*** Opening of Records for processing ***
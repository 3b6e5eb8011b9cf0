-- ===== src/Server/Ipc/Fifo.antt =====
-- A ring as a queue of bytes: what `writeAll` and `readByte` make of it.
use k230_lr2021_radio.Prelude.{
  ltb, ◌⊎◌, ℕ, ◌+◌, ◌-◌, ◌%◌, ◌≡◌, ◌≤◌, ◌<◌, inl, inr, ◌∙◌, refl, sym, ap, ap₂, List, ◌++◌, arith,
  get_or, length, drop, if◌then◌else◌, Bool, true, false, u32, sub32,
}
use k230_lr2021_radio.Server.Parser.{Bytes, word_at}
use k230_lr2021_radio.Server.Ipc.{write_data, believed, write_word, make_room, write_ring}
use k230_lr2021_radio.Server.Ipc.Headers.{word_at-ext, write_word_outside, word_at-write_word}
use k230_lr2021_radio.Server.Ipc.Cells.{run, length-run, run-ext, run-get_or, run-append, drop-run}
use k230_lr2021_radio.Server.Ipc.Data.{write_data_new, write_data_old, write_data_outside}

-- The counts of the bytes written and of those read, and the bytes between them.
abbrev pub head_of : ℕ → Bytes → ℕ
head_of base f = word_at f base

abbrev pub tail_of : ℕ → Bytes → ℕ
tail_of base f = word_at f (base + 4)

abbrev pub cell : ℕ → Bytes → ℕ → ℕ
cell base f t = f (base + 16 + t % 65520)

abbrev pub contents : ℕ → Bytes → List ℕ
contents base f = run (cell base f) (tail_of base f) (head_of base f - tail_of base f)

-- The counts are flat: they did not wrap, and the bytes between them fit.
pub record IsFlat (base : ℕ) (f : Bytes) : Type 0 where
  pub ordered : tail_of base f ≤ head_of base f
  pub fits : head_of base f ≤ tail_of base f + 65520

-- A queue of bounded length that forgets its oldest bytes.
abbrev pub push : ℕ → List ℕ → List ℕ → List ℕ
push capacity buf q = drop (length q + length buf - capacity) q ++ buf

if-kept : (b : Bool) (g f : Bytes) (j : ℕ) → g j ≡ f j → (if b then g else f) j ≡ f j
if-kept true g f j e = e
if-kept false g f j e = refl

module _ (base h t len : ℕ) (f : Bytes) where
  make_room_tail :
      tail_of base f ≡ t
      → t ≤ h
      → h ≤ t + 65520
      → len ≤ 65520
      → h < 4294967296
      → tail_of base (make_room base h t len f) ≡ t + ((h - t) + len - 65520)
  unfolding make_room
  make_room_tail e o fits short small =
      ground (arith, word_at-write_word (base + 4) (sub32 h (sub32 65520 (u32 len))) f)

  make_room_outside : (j : ℕ) → (j < base + 4) ⊎ (base + 8 ≤ j) → make_room base h t len f j ≡ f j
  unfolding make_room
  make_room_outside j out =
      let moved = sub32 h (sub32 65520 (u32 len)) in
      if-kept (ltb 65520 (believed h t len + len)) (write_word (base + 4) moved f) f j
        (write_word_outside (base + 4) moved f j (ground arith))

module _ (base : ℕ) (buf : List ℕ) (f : Bytes) (flat : IsFlat base f) (short : length buf ≤ 65520)
    (small : head_of base f + length buf < 4294967296) where
  room : Bytes
  room = make_room base (head_of base f) (tail_of base f) (length buf) f

  filled : Bytes
  filled = write_data base (head_of base f) buf room

  lost : ℕ
  lost = (head_of base f - tail_of base f) + length buf - 65520

  pub head-write_ring : head_of base (write_ring base buf f) ≡ head_of base f + length buf
  unfolding write_ring
  head-write_ring =
      word_at-write_word base (u32 (head_of base f + length buf)) _ (omega arith) ∙ omega arith

  tail-write_ring : tail_of base (write_ring base buf f) ≡ tail_of base f + lost
  unfolding write_ring room filled lost
  tail-write_ring =
      word_at-ext (write_ring base buf f) room (base + 4) (λ k p.
        write_word_outside base _ filled _ (inr (omega arith))
        ∙ write_data_outside base (head_of base f) buf room short _ (inl (omega arith)))
      ∙ make_room_tail base (head_of base f) (tail_of base f) (length buf) f refl flat.ordered
          flat.fits short (omega arith)

  cell-write_ring_new :
      (k : ℕ)
      → k < length buf
      → cell base (write_ring base buf f) (head_of base f + k) ≡ get_or buf k 0
  unfolding write_ring room filled
  cell-write_ring_new k p =
      write_word_outside base _ filled _ (inr (omega arith))
      ∙ write_data_new base (head_of base f) buf room short k p

  cell-write_ring_old :
      (s : ℕ)
      → s < head_of base f
      → head_of base f + length buf ≤ s + 65520
      → cell base (write_ring base buf f) s ≡ cell base f s
  unfolding write_ring room filled
  cell-write_ring_old s before free =
      write_word_outside base _ filled _ (inr (omega arith))
      ∙ write_data_old base (head_of base f) buf room short s before free
      ∙ make_room_outside base (head_of base f) (tail_of base f) (length buf) f _
          (inr (omega arith))

  pub write_ring-IsFlat : IsFlat base (write_ring base buf f)
  unfolding lost
  write_ring-IsFlat =
      let o = flat.ordered in
      let i = flat.fits in
      record {
        ordered = omega (arith, o, i, head-write_ring, tail-write_ring);
        fits = omega (arith, o, i, head-write_ring, tail-write_ring);
      }

  pub contents-write_ring : contents base (write_ring base buf f) ≡ push 65520 buf (contents base f)
  unfolding lost
  contents-write_ring =
      let h = head_of base f in
      let t = tail_of base f in
      let g = cell base (write_ring base buf f) in
      let o = flat.ordered in
      let i = flat.fits in
      let room' : t + lost ≤ h = omega arith in
      ap₂ (λ x y. run g x (y - x)) tail-write_ring head-write_ring
      ∙ ap (run g (t + lost)) {x = h + length buf - (t + lost)} {y = (h - (t + lost)) + length buf}
          (omega arith)
      ∙ sym (run-append g (t + lost) (h - (t + lost)) (length buf))
      ∙ ap₂ ◌++◌
          (run-ext g (cell base f) (t + lost) (t + lost) (h - (t + lost))
              (λ k p. cell-write_ring_old (t + lost + k) (omega arith) (omega arith))
            ∙ ap (run (cell base f) (t + lost)) {x = h - (t + lost)} {y = (h - t) - lost}
                (omega arith)
            ∙ sym (drop-run (cell base f) t lost (h - t))
            ∙ ap (λ n. drop (n + length buf - 65520) (contents base f))
                (sym (length-run (cell base f) t (h - t))))
          (ap (λ s. run g s (length buf)) {x = t + lost + (h - (t + lost))} {y = h} (omega arith)
            ∙ run-get_or g h buf cell-write_ring_new)

  write_ring_outside : (j : ℕ) → (j < base) ⊎ (base + 65536 ≤ j) → write_ring base buf f j ≡ f j
  unfolding write_ring room filled
  write_ring_outside j out =
      write_word_outside base _ filled j (ground arith)
      ∙ write_data_outside base (head_of base f) buf room short j (ground arith)
      ∙ make_room_outside base (head_of base f) (tail_of base f) (length buf) f j (ground arith)

-- On a ring with flat counts, while the count of the bytes written does not wrap, a write of at most
-- 65520 bytes is a push onto a queue of 65520 bytes that forgets its oldest ones. The counts stay
-- flat, and a byte outside of the ring's 65536 bytes does not change.
pub write_ring-push :
    (base : ℕ) (buf : List ℕ) (f : Bytes) (j : ℕ)
    → IsFlat base f
    → length buf ≤ 65520
    → head_of base f + length buf < 4294967296
    → (j < base) ⊎ (base + 65536 ≤ j)
    → let f' = write_ring base buf f in
      (contents base f' ≡ push 65520 buf (contents base f)) × IsFlat base f' × (f' j ≡ f j)
write_ring-push base buf f j flat short small out = (
  contents-write_ring base buf f flat short small,
  write_ring-IsFlat base buf f flat short small,
  write_ring_outside base buf f flat short small j out,
)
*** Close of Records for processing ***
● **Activity**
In the entries above, find every line holding the word "else" and copy it out.

● **Response**
  get_or, length, drop, if◌then◌else◌, Bool, true, false, u32, sub32,
if-kept : (b : Bool) (g f : Bytes) (j : ℕ) → g j ≡ f j → (if b then g else f) j ≡ f j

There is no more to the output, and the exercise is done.